Growing up in privileged, Manhattan social circles, Caggie’s life should be perfect, and it almost was until the day that her younger sister drowned when Caggie was supposed to be watching her. Stricken by grief, Caggie pulls away from her friends and family, only to have everyone misinterpret a crucial moment when she supposedly saves a fellow classmate from suicide. Now she’s famous for something she didn’t do and everyone lauds her as a hero. But inside she still blames herself for the death of her sister and continues to pull away from everything in her life, best friend and perfect boyfriend included. Then Caggie meets Astor, the new boy at school, about whom rumours are swirling and known facts are few. In Astor she finds someone who just might understand her pain, because he has an inner pain of his own. But the more Caggie pulls away from her former life to be with Astor, the more she realises that his pain might be darker, and deeper, than anything she’s ever felt. His pain might be enough to end his life…and Caggie’s as well.
This is a great story with a character that is deeply troubled about incidents in her past. If you can get through the first slower half of the book, it really lights up and gets interesting. I thought the turn of events that lead Caggie to be considered a hero were questionable. I know that if I was in the same situation, I would have done things differently and owned up to how things really happened. All in all though, this is a good story that brings to light a lot of interesting topics that apply to the world today.
The character development between Caggie and Trevor is very good and you will find yourself wanting to learn more and more about who they are. The dynamics of their relationship are interesting and you will find yourself drawn in and wanting to know everything. The grieving and depression got to be a little much for me at times in the book, however I understand that it is part of the encompassing theme of the book. If you want a book that tackles modern day themes and explores dark topics like suicide and grieving then this book is right up your alley.
*Reviewed by Chris*
1) If you could be any character in the novel who would you be?
Well Rosaline from When You Were Mine is so much of me-- literally who I was in HS. If I could I'd definitely be Paige Townsen-- my upcoming narrator from my new series FAMOUS IN LOVE. It's about a girl (Paige) who gets plucked from obscurity to star in the next major feature film franchise based on a book-- and the two stars she falls in love with on (and off) screen. It is delicious, so fun and plus-- she gets to film the move on MAUI. I mean, come on.
2) What was your favorite part of writing this story?
I loved writing Trevor. For a long time I had been wanting to write about a high school couple who had already been together. Who were not falling in love for the first time but instead trying to find their way back to each other.

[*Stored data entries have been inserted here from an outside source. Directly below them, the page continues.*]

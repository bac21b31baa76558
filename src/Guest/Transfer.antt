-- ===== src/Guest/Transfer.antt =====
-- Guest.execute_tftp and execute_ftp with the files they use (resources/libraries/python/guest.py).
use cne_ovs_sit.Base.{String, Bool, List, [], ◌∷◌, fstr, ◌>>◌, if◌then◌else◌}
use cne_ovs_sit.Ssh.{Env}
use cne_ovs_sit.Machine.State.{VirtualMachine}
use cne_ovs_sit.Guest.Exec.{Session, execute, execute_, execute_batch}
use cne_ovs_sit.Guest.Udp.{Ip, show_ip, ip_is_v4}

module _ (env : Env) where
  unfoldable pub generate_file : VirtualMachine → String → Session (Unit {0})
  unfolding execute
  generate_file vm fname =
      execute_ env vm (fstr ("dd if=/dev/urandom of=./" ∷ fname ∷ " bs=1k count=1k" ∷ []))

  unfoldable pub rm_file : VirtualMachine → String → Session (Unit {0})
  unfolding execute
  rm_file vm fname = execute_ env vm (fstr ("rm " ∷ fname ∷ []))

  -- A difference is only logged.
  unfoldable pub compare_files : VirtualMachine → String → String → Session (Unit {0})
  unfolding execute
  compare_files vm file1 file2 = execute_ env vm (fstr ("diff " ∷ file1 ∷ " " ∷ file2 ∷ []))

  -- The file goes to the server and comes back under another name; then all copies are removed.
  transfer : VirtualMachine → VirtualMachine → List String → Session (Unit {0})
  unfolding generate_file execute_batch compare_files rm_file
  transfer vm server_vm cmds = do
    generate_file vm "tfile"
    execute_batch env vm cmds
    compare_files vm "tfile" "tfile_local"
    rm_file vm "tfile"
    rm_file vm "tfile_local"
    rm_file server_vm "/tmp/tfile_remote"

  unfoldable pub execute_tftp : VirtualMachine → VirtualMachine → Ip → Session (Unit {0})
  unfolding transfer show_ip
  execute_tftp vm server_vm server_ip =
      let ip = show_ip env server_ip in
      transfer vm server_vm (
        fstr ("tftp " ∷ ip ∷ " -c put tfile tfile_remote" ∷ [])
        ∷ fstr ("tftp " ∷ ip ∷ " -c get tfile_remote tfile_local" ∷ [])
        ∷ [])

  -- The mode, without the extended commands in IPv4.
  abbrev mode : Bool → Bool → String
  mode active ipv4 =
      if active
      then if ipv4 then "--ftp-port - --disable-eprt " else "--ftp-port - "
      else if ipv4
      then "--ftp-pasv --disable-epsv "
      else "--ftp-pasv "

  abbrev host_part : Ip → String
  host_part ip = if ip_is_v4 ip then show_ip env ip else fstr ("[" ∷ show_ip env ip ∷ "]" ∷ [])

  unfoldable pub execute_ftp : VirtualMachine → VirtualMachine → Ip → Bool → Session (Unit {0})
  unfolding transfer show_ip ip_is_v4
  execute_ftp vm server_vm server_ip active =
      let base_cmd =
        fstr
          ("sudo curl " ∷ mode active (ip_is_v4 server_ip) ∷ "ftp://" ∷ host_part server_ip ∷ []) in
      transfer vm server_vm (
        fstr (base_cmd ∷ "/tfile_remote --user \"cne:cne\" -T ./tfile --ftp-create-dirs" ∷ [])
        ∷ fstr
            (base_cmd ∷ "/tfile_remote --user \"cne:cne\" -o ./tfile_local --ftp-create-dirs" ∷ [])
        ∷ [])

3) Which audience is perfect for your book?
I'd say The Edge of Falling is for anyone who likes emotional reads. It's also about grief and loss and what it means to be a hero. The truth is I see growing up as a grieving process. You're letting go of who you were to make way for who you will become. And if you'd like to spend some time in NYC. I think Manhattan is front and center in Edge :)

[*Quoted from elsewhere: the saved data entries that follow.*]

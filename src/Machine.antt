-- ===== src/Machine.antt =====
-- A virtual machine (resources/libraries/python/vm.py): its state, and its life from start to poweroff.
pub mod State
pub mod Qmp
pub mod Boot
pub mod Power
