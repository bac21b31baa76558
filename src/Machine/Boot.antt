-- ===== src/Machine/Boot.antt =====
-- _wait_until_vm_boot (resources/libraries/python/vm.py), and that the wait ends.
--
-- Time is counted in seconds from the start of the wait. How long a probe takes is a parameter, `took`,
-- of the commands up to that probe; five seconds pass between two probes.
use cne_ovs_sit.Base.{
  ℕ, zero, suc, ◌+◌, ◌*◌, ◌/◌, ◌≤◌, ◌<◌, Bool, true, false, List, [], ◌∷◌, none, fstr, ltb, is_zero,
  PyError, runtime_error, io_error, ssh_timeout, Result, ok, err, pure, raise, ◌>>=◌,
  and_then-agree, if◌then◌else◌, ◌≡◌, refl, inl, inr, Bool-cases, arith,
}
use cne_ovs_sit.Ssh.{Env, Call}
use cne_ovs_sit.Machine.State.{VirtualMachine}
use cne_ovs_sit.Guest.Exec.{Session, Answer, execute}

-- A failure to connect means that the machine is not up; other exceptions pass.
abbrev pub is_up : Result Answer → Result Bool
is_up (ok answer) = ok (is_zero answer.ret_code)
is_up (err io_error) = ok false
is_up (err ssh_timeout) = ok false
is_up (err e) = err e

module _ (env : Env) (took : List Call → ℕ) (vm : VirtualMachine) where
  unfoldable pub probe : Session Bool
  unfolding execute
  probe calls = let (r, calls) = execute env vm "pwd" 5 true none calls in (is_up r, calls)

  abbrev not_booted : PyError
  not_booted =
      runtime_error
        (fstr ("timeout, VM " ∷ vm.disk_image ∷ " not booted on " ∷ vm.host_ssh_info.host ∷ []))

  -- The loop from a time on.
  unfoldable pub wait_from : ℕ → ℕ → ℕ → Session (Unit {0})
  unfolding probe
  wait_from zero timeout now = raise not_booted
  wait_from (suc fuel) timeout now =
      if ltb timeout now
      then raise not_booted
      else probe >>= λ up.
          if up then pure tt else (λ calls. wait_from fuel timeout (now + took calls + 5) calls)

  -- `timeout` is 300 in the program. A round takes five seconds at least.
  unfoldable pub wait_until_vm_boot : ℕ → Session (Unit {0})
  unfolding wait_from
  wait_until_vm_boot timeout = wait_from (timeout / 5 + 2) timeout 0

  abbrev after_probe : ℕ → ℕ → ℕ → Bool → Session (Unit {0})
  after_probe fuel timeout now up =
      if up then pure tt else (λ calls. wait_from fuel timeout (now + took calls + 5) calls)

  after_probe-agree :
      (fuel other timeout now : ℕ)
      → ((calls : List Call)
          → let next = now + took calls + 5 in
            wait_from fuel timeout next calls ≡ wait_from other timeout next calls)
      → (calls : List Call) (up : Bool)
      → after_probe fuel timeout now up calls ≡ after_probe other timeout now up calls
  after_probe-agree fuel other timeout now h calls true = refl
  after_probe-agree fuel other timeout now h calls false = h calls

  -- Any two numbers of rounds with which the time can run out give the same.
  wait_from-agree :
      (fuel other timeout now : ℕ) (calls : List Call)
      → timeout < now + fuel * 5
      → timeout < now + other * 5
      → wait_from fuel timeout now calls ≡ wait_from other timeout now calls
  unfolding wait_from
  wait_from-agree zero zero timeout now calls h k = refl
  wait_from-agree zero (suc other) timeout now calls h k =
      let over : ltb timeout now ≡ true = ground arith in rw over refl
  wait_from-agree (suc fuel) zero timeout now calls h k =
      let over : ltb timeout now ≡ true = ground arith in rw over refl
  wait_from-agree (suc fuel) (suc other) timeout now calls h k =
      elim (Bool-cases (ltb timeout now)) [
        | inl over ↦ rw over refl
        | inr under ↦ rw under (
            and_then-agree (probe calls).0 (after_probe fuel timeout now)
              (after_probe other timeout now) (probe calls).1
              (after_probe-agree fuel other timeout now
                (λ calls.
                  wait_from-agree fuel other timeout (now + took calls + 5) calls (omega arith)
                    (omega arith))
                (probe calls).1))
      ]

  -- The number of rounds is no bound of the wait: with any greater number wait_until_vm_boot would do
  -- the same, whatever the probes say and however long they take.
  pub wait_until_vm_boot-enough :
      (more timeout : ℕ) (calls : List Call)
      → wait_from (timeout / 5 + 2 + more) timeout 0 calls ≡ wait_until_vm_boot timeout calls
  unfolding wait_until_vm_boot
  wait_until_vm_boot-enough more timeout calls =
      wait_from-agree (timeout / 5 + 2 + more) (timeout / 5 + 2) timeout 0 calls (omega arith)
        (omega arith)

  -- The first `n` probes fail, and the next one finds the machine up.
  abbrev pub UpAfter : ℕ → List Call → Type 0
  UpAfter zero calls = (probe calls).0 ≡ ok true
  UpAfter (suc n) calls = ((probe calls).0 ≡ ok false) × UpAfter n (probe calls).1

  -- The time at which the probe behind `n` others starts.
  abbrev pub start_of : ℕ → ℕ → List Call → ℕ
  start_of zero now calls = now
  start_of (suc n) now calls =
      let calls = (probe calls).1 in start_of n (now + took calls + 5) calls

  start_of-later : (n now : ℕ) (calls : List Call) → now + n * 5 ≤ start_of n now calls
  start_of-later zero now calls = omega arith
  start_of-later (suc n) now calls =
      let calls' = (probe calls).1 in omega (arith, start_of-later n (now + took calls' + 5) calls')

  wait_from-up :
      (n fuel timeout now : ℕ) (calls : List Call)
      → UpAfter n calls
      → start_of n now calls ≤ timeout
      → n < fuel
      → (wait_from fuel timeout now calls).0 ≡ ok tt
  unfolding wait_from
  wait_from-up n zero timeout now calls up early h = let bad : ⊥ = omega arith in elim bad [ ]
  wait_from-up zero (suc fuel) timeout now calls up early h =
      let in_time : ltb timeout now ≡ false = ground arith in rw (in_time, up) refl
  wait_from-up (suc n) (suc fuel) timeout now calls up early h =
      let calls' = (probe calls).1 in
      let later = start_of-later n (now + took calls' + 5) calls' in
      let in_time : ltb timeout now ≡ false = ground (arith, later) in
      rw (in_time, up.0)
        (wait_from-up n fuel timeout (now + took calls' + 5) calls' up.1 early (omega arith))

  -- A machine that comes up before the time is over is waited for: where the first probe that finds it
  -- up starts in time, the wait ends without an exception, however many probes fail before.
  pub wait_until_vm_boot-up :
      (n timeout : ℕ) (calls : List Call)
      → UpAfter n calls
      → start_of n 0 calls ≤ timeout
      → (wait_until_vm_boot timeout calls).0 ≡ ok tt
  unfolding wait_until_vm_boot
  wait_until_vm_boot-up n timeout calls up early =
      wait_from-up n (timeout / 5 + 2) timeout 0 calls up early
        (omega (arith, start_of-later n 0 calls))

4) What were your two biggest inspirations?
For The Edge of Falling? New York itself and The Catcher in the Rye. You'll see why if you read the book.
6) Are you currently working on any other books?
FAMOUS IN LOVE! I mentioned it above so I won't repeat myself but I am so so excited for this book. It has been about five years in the making and I cannot WAIT to share it with everyone. October can't come soon enough...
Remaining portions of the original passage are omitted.